__Available data__
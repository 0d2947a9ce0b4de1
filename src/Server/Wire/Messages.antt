-- ===== src/Server/Wire/Messages.antt =====
-- internal/server/wire/wire.go: states, updates, call counts, divergences and lists of them.
use spectre.Prelude.{
  ℕ, Bool, ◌||◌, Option, none, some, List, [], ◌∷◌, ◌++◌, map, Text, ◌==◌, text_eq, nat_eq, ltb,
  length, is_some, if◌then◌else◌, ok, failed, ◌>>=◌, Assoc.lookup, Assoc.insert,
}
use spectre.Model.{
  Direction, ingress, egress, direction_eq, Quarantine, Calls, State, Update, state_update,
  quarantine_update, calls_update, Divergence, DivergenceFilter,
}
use spectre.Server.Wire.Enums.{
  Restored, state_needs_identity, state_needs_uptime, more_than_one_quarantine,
  keepalive_holds_no_update, update_holds_nothing, counts_need_route, divergence_needs_identity,
  divergence_needs_quarantine,
}
use spectre.Server.Wire.Reasons.{PbQuarantine, quarantine_message, directed_from_message}

-- `pb.Calls`.
pub record PbCalls : Type 0 where
  pub routes : List (Text × ℕ)
  pub other : ℕ

-- `pb.State`.
pub record PbState : Type 0 where
  pub service : Text
  pub environment : Text
  pub revision : Text
  pub spectre_version : Text
  pub uptime : Option ℕ
  pub quarantines : List PbQuarantine
  pub calls : Option PbCalls

-- `pb.UpdateRequest`: the field that its `oneof` holds.
pub data PbUpdateRequest : Type 0 where
  holds_nothing : PbUpdateRequest
  holds_state : PbState → PbUpdateRequest
  holds_quarantine : PbQuarantine → PbUpdateRequest
  holds_keepalive : PbUpdateRequest
  holds_calls : PbCalls → PbUpdateRequest

-- `pb.Divergence`.
pub record PbDivergence : Type 0 where
  pub service : Text
  pub environment : Text
  pub revision : Text
  pub quarantine : Option PbQuarantine

-- `pb.ListDivergencesResponse`.
pub record PbListResponse : Type 0 where
  pub states : List PbState
  pub divergences : List PbDivergence

-- `pb.ListDivergencesRequest`.
pub record PbListRequest : Type 0 where
  pub service : Option Text
  pub environment : Option Text
  pub revision : Option Text
  pub node : Option Text

-- `CallsMessage`.
unfoldable pub calls_message : Calls → PbCalls
calls_message calls = record { routes = calls.routes; other = calls.other }

-- The loop of `CallsFromMessage`.
unfoldable pub restored_routes : List (Text × ℕ) → Restored (List (Text × ℕ))
restored_routes [] = ok []
restored_routes ((route, count) ∷ rest) =
    if route == []
    then failed counts_need_route
    else (restored_routes rest >>= λ copied. ok ((route, count) ∷ copied))

-- `CallsFromMessage`; nothing is counted where there is no message.
unfoldable pub calls_from_message : Option PbCalls → Restored Calls
calls_from_message none = ok (record { routes = []; other = 0 })
calls_from_message (some m) = do
  routes ← restored_routes m.routes
  ok (record { routes = routes; other = m.other })

-- Calls that count none are left out of a state's message.
abbrev pub counts_any : Calls → Bool
counts_any calls = ltb 0 (length calls.routes) || ltb 0 calls.other

abbrev pub held_message : Direction → Option Quarantine → List PbQuarantine
held_message direction none = []
held_message direction (some q) = quarantine_message direction q ∷ []

-- `StateMessage`: ingress first.
unfoldable pub state_message : State → PbState
state_message s = record {
  service = s.service;
  environment = s.environment;
  revision = s.revision;
  spectre_version = s.spectre_version;
  uptime = some s.uptime;
  quarantines =
      held_message ingress (lookup ingress s.quarantines)
      ++ held_message egress (lookup egress s.quarantines);
  calls = if counts_any s.calls then some (calls_message s.calls) else none;
}

-- The loop of `StateFromMessage`, from the quarantines restored so far.
unfoldable pub restored_quarantines :
    List PbQuarantine → List (Direction × Quarantine) → Restored (List (Direction × Quarantine))
restored_quarantines [] held = ok held
restored_quarantines (m ∷ ms) held = directed_from_message m >>= λ (found : Direction × Quarantine).
    if is_some (lookup found.0 held)
    then failed (more_than_one_quarantine found.0)
    else restored_quarantines ms (insert found.0 found.1 held)

abbrev pub unidentified : Text → Text → Text → Bool
unidentified service environment revision = service == [] || (environment == [] || revision == [])

-- What `StateFromMessage` does once the names and the uptime are there.
abbrev pub restored_state : PbState → ℕ → Restored State
restored_state m uptime = do
  calls ← calls_from_message m.calls
  quarantines ← restored_quarantines m.quarantines []
  ok (record {
    service = m.service;
    environment = m.environment;
    revision = m.revision;
    spectre_version = m.spectre_version;
    uptime = uptime;
    quarantines = quarantines;
    calls = calls;
  })

-- `StateFromMessage`.
unfoldable pub state_from_message : PbState → Restored State
state_from_message m =
    if unidentified m.service m.environment m.revision
    then failed state_needs_identity
    else elim m.uptime [ none ↦ failed state_needs_uptime | some uptime ↦ restored_state m uptime ]

-- `UpdateMessage`.
unfoldable pub update_message : Update → PbUpdateRequest
update_message (state_update s) = holds_state (state_message s)
update_message (quarantine_update d q) = holds_quarantine (quarantine_message d q)
update_message (calls_update c) = holds_calls (calls_message c)

-- `UpdateFromMessage`.
unfoldable pub update_from_message : PbUpdateRequest → Restored Update
update_from_message (holds_state m) = state_from_message m >>= λ s. ok (state_update s)
update_from_message (holds_quarantine m) =
    directed_from_message m >>= λ (found : Direction × Quarantine).
    ok (quarantine_update found.0 found.1)
update_from_message (holds_calls m) = calls_from_message (some m) >>= λ c. ok (calls_update c)
update_from_message holds_keepalive = failed keepalive_holds_no_update
update_from_message holds_nothing = failed update_holds_nothing

-- `DivergenceMessage`.
unfoldable pub divergence_message : Divergence → PbDivergence
divergence_message d = record {
  service = d.service;
  environment = d.environment;
  revision = d.revision;
  quarantine = some (quarantine_message d.direction d.quarantine);
}

-- `DivergenceFromMessage`.
unfoldable pub divergence_from_message : PbDivergence → Restored Divergence
divergence_from_message m =
    if unidentified m.service m.environment m.revision
    then failed divergence_needs_identity
    else elim m.quarantine [
      | none ↦ failed divergence_needs_quarantine
      | some held ↦ directed_from_message held >>= λ (found : Direction × Quarantine). ok (record {
        service = m.service;
        environment = m.environment;
        revision = m.revision;
        direction = found.0;
        quarantine = found.1;
      })
    ]

-- `ListResponse`.
unfoldable pub list_response : List State → List Divergence → PbListResponse
list_response states divergences = record {
  states = map state_message states;
  divergences = map divergence_message divergences;
}

-- A loop that restores each message, up to the first error.
unfoldable pub restored_all {ℓ κ} :
    {M : Type ℓ} {A : Type κ} → (M → Restored A) → List M → Restored (List A)
restored_all restore [] = ok []
restored_all restore (m ∷ ms) = do
  first ← restore m
  rest ← restored_all restore ms
  ok (first ∷ rest)

-- `ListFromResponse`.
unfoldable pub list_from_response : PbListResponse → Restored (List State × List Divergence)
list_from_response response = do
  states ← restored_all state_from_message response.states
  divergences ← restored_all divergence_from_message response.divergences
  ok (states, divergences)

-- `FilterMessage`.
unfoldable pub filter_message : DivergenceFilter → PbListRequest
filter_message f = record {
  service = f.service;
  environment = f.environment;
  revision = f.revision;
  node = f.node;
}

-- `FilterFromMessage`.
unfoldable pub filter_from_message : PbListRequest → DivergenceFilter
filter_from_message m = record {
  service = m.service;
  environment = m.environment;
  revision = m.revision;
  node = m.node;
}
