-- ===== src/Server/Wire.antt =====
-- internal/server/wire/wire.go: between the service's protocol and the domain model.
--
-- The messages are the generated types of spectrepb/spectre.pb.go. An enumeration of the protocol is
-- its number, since a peer may send one that has no name. A pointer is an option, a duration or a
-- time a number of nanoseconds. A map of a message has distinct keys, so the copy of a map has the
-- same entries.
mod Enums
mod Reasons
mod Messages
pub mod RoundTrip
pub mod Lists
pub mod Accepted
pub mod Tests
unfoldable pub use Enums.*
unfoldable pub use Reasons.*
unfoldable pub use Messages.*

__Work request__
Your answer must be a single number: the count of lines in these records that contain "none".

__Solution__
7